私たちは目隠しをしたたま現在を横切る。私たちにできるのはせいぜい、自分が何を経験しつつあるのかを予感し、推察することぐらいだ。のちになって目隠しが解かれ、過去を検証するときになってやっと、私たちは自分がなにを経験したのかに気づき、その意味を理解するにすぎない。
(「誰も笑おうとしない」より)


 チェコの作家としては、日本ではカフカの次に有名であろうミラン・クンデラの初期短編集。クンデラの作品は非常に都会的だ。笑顔で容赦なく、しかもエレガントに人の心を暴いてくる。繊細な美学を持つ殺し屋か、手さばきの美しい外科医のような文体イメージ。
 本書では、冗談のつもりだったのにいつのまにか冗談ではなくなっているという悲喜劇が描かれる。そして性の歪み。自意識過剰。軽すぎる生。笑いきれないことの悲しみ。
 どれもこれも非常に美しく、苦い。以下、各編の一言感想。気に入ったものには*。


「誰も笑おうとしない」
 ちょっとした出来心で、「書く」といった論評を書かなかった大学教授が破滅するまで。クンデラの書くインテリはいい感じにイラっとくる。「嘘をクールにつきたい」あたりの自尊心を見ていると、もぞもぞする。「もし人間が人間なら、ただそれを笑うことしかできないでしょう」と彼は言った。けれど、誰も笑おうとはしない。あーあ。

「永遠の欲望という黄金の林檎」
 手段を目的とする、愚かな老人の楽しいナンパ計画。主人公のおじさんによる、イスカリオテのユダへの考察が面白い。ユダはイエスを信じすぎた。勝利を早めたいがために、イエスを目的としたのである。

「ヒッチハイクごっこ」
 彼と彼女の心のずれ。日常と違う刺激が欲しくての「ヒッチハイクごっこ」。しかし、男は自分の恋人が他の男にいい寄る演技を見て衝撃を受ける。恋人は、願望、抽象的な考え、信頼の産物に過ぎない。女性は自己を解放して、男は嫉妬の牢獄へと足を踏み入れる。

「シンポジウム」
 酒を飲んで性について語る、現代版『饗宴』。なんたる喜劇! いやあ、インテリの馬鹿っぷりをここまで書ききるとは、クンデラぐっじょぶ。すてきな名言が目白押し。

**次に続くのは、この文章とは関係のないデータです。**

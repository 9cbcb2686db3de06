-- ===== src/Comms.antt =====
-- planning_service/comms/: what the gRPC handlers answer.
pub mod Status
pub mod Registry
pub mod Iris
pub mod Streaming
pub mod Viz
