-- ===== src/Prelude/Keys.antt =====
-- Keys that the containers compare: an equality test that decides equality.
use Prim.Native.Nat.{ℕ}
use Prim.Native.String.{String}
use mathlib.Core.Path.{◌≡◌}
use mathlib.Core.Logic.{◌↔◌}
use mathlib.Core.Bool.{Bool, true}
use text.Mathlib.Text.{◌==◌ as str_eq}
use text.Mathlib.TextEquality.{eq_iff}
use planning_service.Prelude.Tests.{◌==◌ as nat_eq, ==_iff}

pub record Key {ℓ} (K : Type ℓ) : Type ℓ where
  pub same : K → K → Bool
  pub same_iff : (a b : K) → (same a b ≡ true) ↔ (a ≡ b)

abbrev pub same_key {ℓ} : {K : Type ℓ} ⦃key : Key K⦄ → K → K → Bool
same_key ⦃key⦄ = key.same

pub same_key_iff {ℓ} : {K : Type ℓ} ⦃key : Key K⦄ (a b : K) → (same_key a b ≡ true) ↔ (a ≡ b)
same_key_iff ⦃key⦄ = key.same_iff

instance abbrev pub number_key : Key ℕ
number_key = record { same = nat_eq; same_iff = ==_iff }

instance abbrev pub text_key : Key String
text_key = record { same = str_eq; same_iff = eq_iff }
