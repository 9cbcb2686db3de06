-- ===== src/Prelude/Format.antt =====
-- Texts that the program formats: joined texts, and numbers in decimal.
use Prim.Native.Nat.{ℕ, zero, suc, ◌/◌, ◌%◌}
use Prim.Native.String.{String}
use Prim.Native.String
use mathlib.Core.List.{[], ◌∷◌}
use mathlib.Core.Option.{Option}
use mathlib.Core.Option
use planning_service.Prelude.Tests.{ltb, if◌then◌else◌}
use planning_service.Prelude.Lists.{get_elem?}

infixr 65 ◌<>◌
unfoldable pub ◌<>◌ : String → String → String
s <> t = String.◌++◌ s t

digit : ℕ → String
digit n =
    Option.get_or (get_elem? ("0" ∷ "1" ∷ "2" ∷ "3" ∷ "4" ∷ "5" ∷ "6" ∷ "7" ∷ "8" ∷ "9" ∷ []) n) ""

-- `fuel` digits at most are printed; a number has no more digits than its value and one.
decimal_digits : ℕ → ℕ → String
unfolding digit
decimal_digits zero n = ""
decimal_digits (suc fuel) n =
    let rest = decimal_digits fuel (n / 10) <> digit (n % 10) in if ltb n 10 then digit n else rest

-- `std::to_string`, and `{}` of fmt at a number.
unfoldable pub decimal : ℕ → String
unfolding decimal_digits ◌<>◌
decimal n = decimal_digits (suc n) n

two_digits : String
two_digits = decimal 42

「きみの乳房は5メートル離れたところにいる男にもふれそうになる!」
「ぼくを月と一緒にそっとしておいてください。ぼくもまたここに小便をしにきたのです」
「そういっているときの彼女の尻はもう尻ではなかった。悲しみそのもの、踊りながら部屋を横切る、みごとに形の整った悲しみだった」

 悲劇的な陽気さを持つ。なんだかすごく東欧らしい。

「老いた死者は若い死者に場所を譲れ」
 15年ぶりに会った年上の女性との語り合い。老いること、精力がそがれていくことの悲しみ。彼女を脱がすところを想像「できない」。思い出を後生大事にとっておく男性の姿をえぐり出す。

「ハヴェル先生の20年後」
 「シンポジウム」に登場したハヴェル先生のその後。美人の女優を妻にしたけれど。「老いた死者」と同様に、老いた男の悲しみを描く。

「エドワルドと神」
 愛しているなら体なんて求めないで! という女の子と、愛しているからこそなのに! という男の子の悲しき平行線。なんとなく『狭き門』を思い出した作品。最後に逆転するあたりがいかにも現代的だけど。

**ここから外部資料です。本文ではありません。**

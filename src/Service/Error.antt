-- ===== src/Service/Error.antt =====
-- planning_service/service/types/error.h, and the exceptions that the service classes throw.
use planning_service.Prelude.{String, ◌≡◌, refl, ◌⊎◌, inl, inr}

pub data ServiceErrorCode : Type 0 where
  none unknown queue_empty queue_capacity_reached duplicate_id : ServiceErrorCode
  job_capacity_reached job_start_failed context_not_found context_invalid : ServiceErrorCode
  result_not_ready result_not_found iris_generation_failed : ServiceErrorCode
  unknown_planning_failure start_in_violation goal_in_violation : ServiceErrorCode
  job_thread_invalidated job_thread_exception job_type_unsupported deprecated_api : ServiceErrorCode

pub record ServiceError : Type 0 where
  pub code : ServiceErrorCode
  pub msg : String

-- `std::expected<A, ServiceError>`
pub data Expected {ℓ} (A : Type ℓ) : Type ℓ where
  value : A → Expected A
  unexpected : ServiceError → Expected A

-- The classes of exception that are told apart by a handler, each with what `what()` returns.
pub data Exception : Type 0 where
  queue_empty_error queue_at_capacity_error future_error : Exception
  runtime_error : String → Exception

abbrev pub what : Exception → String
what queue_empty_error = "Queue was queried for element, but is empty"
what queue_at_capacity_error = "Queue is at maximum capacity"
what future_error = "No associated state"
what (runtime_error text) = text

-- How a call ends: it returns a value, or it throws.
pub data Outcome {ℓ} (A : Type ℓ) : Type ℓ where
  returns : A → Outcome A
  throws : Exception → Outcome A

pub Outcome-cases {ℓ} :
    {A : Type ℓ} (o : Outcome A) → ((a : A) × (o ≡ returns a)) ⊎ ((e : Exception) × (o ≡ throws e))
Outcome-cases (returns a) = inl (a, refl)
Outcome-cases (throws e) = inr (e, refl)
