-- ===== src/Service/Action.antt =====
-- Code that changes a state of type `D` and may throw. What it changed before it throws stays.
pub mod Keeps
use planning_service.Prelude.{
  Bool, true, false, if◌then◌else◌, List, [], ◌∷◌, ◌++◌, ◌≡◌, refl, subst, arith, ℕ, zero, suc, ◌+◌,
  ◌<◌, length, get_elem?, get_elem?-suc, none, some,
}
use mathlib.Core.Path.{fun_ext}
use planning_service.Service.Error.{Outcome, returns, throws, Exception, runtime_error}

abbrev pub Action {ℓ κ} : Type ℓ → Type κ → Type (ℓ ⊔ κ)
Action D A = D → Outcome A × D

-- What a procedure without a result returns.
abbrev pub Done : Type 0
Done = Unit

module _ {ℓ κ} {D : Type ℓ} {A : Type κ} where
  unfoldable pub pure : A → Action D A
  pure a d = (returns a, d)

  unfoldable pub throw : Exception → Action D A
  throw e d = (throws e, d)

infixl 10 ◌>>=◌
infixl 10 ◌>>◌
module _ {ℓ κ μ} {D : Type ℓ} {A : Type κ} {B : Type μ} where
  unfoldable pub resume : (A → Action D B) → Outcome A × D → Outcome B × D
  resume f (returns a, d) = f a d
  resume f (throws e, d) = (throws e, d)

  unfoldable pub ◌>>=◌ : Action D A → (A → Action D B) → Action D B
  ◌>>=◌ m f d = resume f (m d)

  unfoldable pub ◌>>◌ : Action D A → Action D B → Action D B
  ◌>>◌ m k d = resume (λ a. k) (m d)

module _ {ℓ κ} {D : Type ℓ} {A : Type κ} where
  -- A `try` block with a handler for every exception.
  unfoldable pub handle : (Exception → Action D A) → Outcome A × D → Outcome A × D
  handle h (returns a, d) = (returns a, d)
  handle h (throws e, d) = h e d

  unfoldable pub try_catch : Action D A → (Exception → Action D A) → Action D A
  try_catch m h d = handle h (m d)

  -- A loop over a list.
  unfoldable pub for_each : List A → (A → Action D Done) → Action D Done
  for_each [] f = pure tt
  for_each (x ∷ xs) f = f x >> for_each xs f

-- `for (int i = lo; ...)` for `k` rounds.
unfoldable pub for_range {ℓ} : {D : Type ℓ} → ℕ → ℕ → (ℕ → Action D Done) → Action D Done
for_range lo zero f = pure tt
for_range lo (suc k) f = f lo >> for_range (suc lo) k f

-- `v.at(i)`; the text of the exception is the library's own.
unfoldable pub at {ℓ κ} : {D : Type ℓ} {A : Type κ} → List A → ℕ → Action D A
at xs i = elim (get_elem? xs i) [ some x ↦ pure x | none ↦ throw (runtime_error "out of range") ]

module _ {ℓ κ μ} {D : Type ℓ} {A : Type κ} {B : Type μ} where
  pub resume-resume :
      {C : Type μ} (m : Outcome A × D) (k : Action D B) (k' : Action D C)
      → resume (λ a. k >> k') m ≡ resume (λ b. k') (resume (λ a. k) m)
  unfolding resume ◌>>◌
  resume-resume (returns a, d) k k' = refl
  resume-resume (throws e, d) k k' = refl

module _ {ℓ κ} {D : Type ℓ} {A : Type κ} where
  -- Two loops after each other are one over both lists.
  pub for_each-append :
      (xs ys : List A) (f : A → Action D Done)
      → for_each (xs ++ ys) f ≡ (for_each xs f >> for_each ys f)
  unfolding for_each ◌>>◌ pure resume
  for_each-append [] ys f = refl
  for_each-append (x ∷ xs) ys f =
      rw (for_each-append xs ys f)
        (fun_ext λ d. resume-resume (f x d) (for_each xs f) (for_each ys f))

  pub at-some :
      (all : List A) (i : ℕ) (y : A) (f : A → Action D Done)
      → get_elem? all i ≡ some y
      → (at all i >>= f) ≡ f y
  unfolding at ◌>>=◌ pure resume
  at-some all i y f e = fun_ext λ d. rw (e, at) refl

  -- A counted loop that reads one element of `all` in each round is a loop over those elements,
  -- and no read is out of range.
  pub for_range_elements :
      (all : List A) (lo : ℕ) (ys : List A) (f : A → Action D Done)
      → ((i : ℕ) → i < length ys → get_elem? all (lo + i) ≡ get_elem? ys i)
      → for_range lo (length ys) (λ i. at all i >>= f) ≡ for_each ys f
  unfolding for_each for_range
  for_range_elements all lo [] f h = refl
  for_range_elements all lo (y ∷ ys) f h =
      let here : get_elem? all lo ≡ some y =
        subst (λ k. get_elem? all k ≡ some y) (omega arith) (h 0 (omega arith)) in
      let rest =
        for_range_elements all (suc lo) ys f
          (λ i lt. get_elem?-suc all lo i (h (suc i) (omega arith))) in
      rw (at-some all lo y f here, rest) refl

-- A job with one possible result ends with it or throws.
pub data Ends {ℓ κ} {D : Type ℓ} {A : Type κ} (a : A) : Outcome A × D → Type (ℓ ⊔ κ) where
  done : {d : D} → Ends a (returns a, d)
  thrown : (e : Exception) {d : D} → Ends a (throws e, d)

pub Ends-resume {ℓ κ μ} :
    {D : Type ℓ} {B : Type κ} {A : Type μ} {a : A} {k : B → Action D A}
    → ((b : B) (d : D) → Ends a (k b d))
    → (m : Outcome B × D) → Ends a (resume k m)
unfolding resume
Ends-resume h (returns b, d) = h b d
Ends-resume h (throws e, d) = thrown e

-- The part that comes first has one possible result itself.
pub Ends-resume_at {ℓ κ μ} :
    {D : Type ℓ} {B : Type κ} {A : Type μ} {a : A} {b : B} (k : B → Action D A)
    → ((d : D) → Ends a (k b d))
    → (m : Outcome B × D) → Ends b m
    → Ends a (resume k m)
unfolding resume
Ends-resume_at k h m done = h _
Ends-resume_at k h m (thrown e) = thrown e

pub Ends-returns {ℓ κ} : {D : Type ℓ} {A : Type κ} {a b : A} {d : D} → Ends a (returns b, d) → b ≡ a
Ends-returns done = refl

module _ {ℓ κ μ} {D : Type ℓ} {A : Type κ} {B : Type μ} where
  pub bind_returns :
      (m : Action D A) (k : A → Action D B) {d d' : D} {a : A}
      → m d ≡ (returns a, d')
      → (m >>= k) d ≡ k a d'
  unfolding ◌>>=◌ resume
  bind_returns m k e = rw e refl

  pub then_returns :
      (m : Action D A) (k : Action D B) {d d' : D} {a : A}
      → m d ≡ (returns a, d')
      → (m >> k) d ≡ k d'
  unfolding ◌>>◌ resume
  then_returns m k e = rw e refl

 7編それぞれが、適度な長さでしかも面白い。『存在の耐えられない軽さ』の冒頭、ニーチェの引用で「ああ、クンデラは向かない」と思った人は、まず本作から読んでみることをおすすめする。


recommend:
プラトン『饗宴』……酒を飲みながら性について語る。「シンポジウム」を読んで真っ先にこれを思い出した。
アンドレ・ジッド『狭き門』……愛しているがゆえに恋人を拒む女。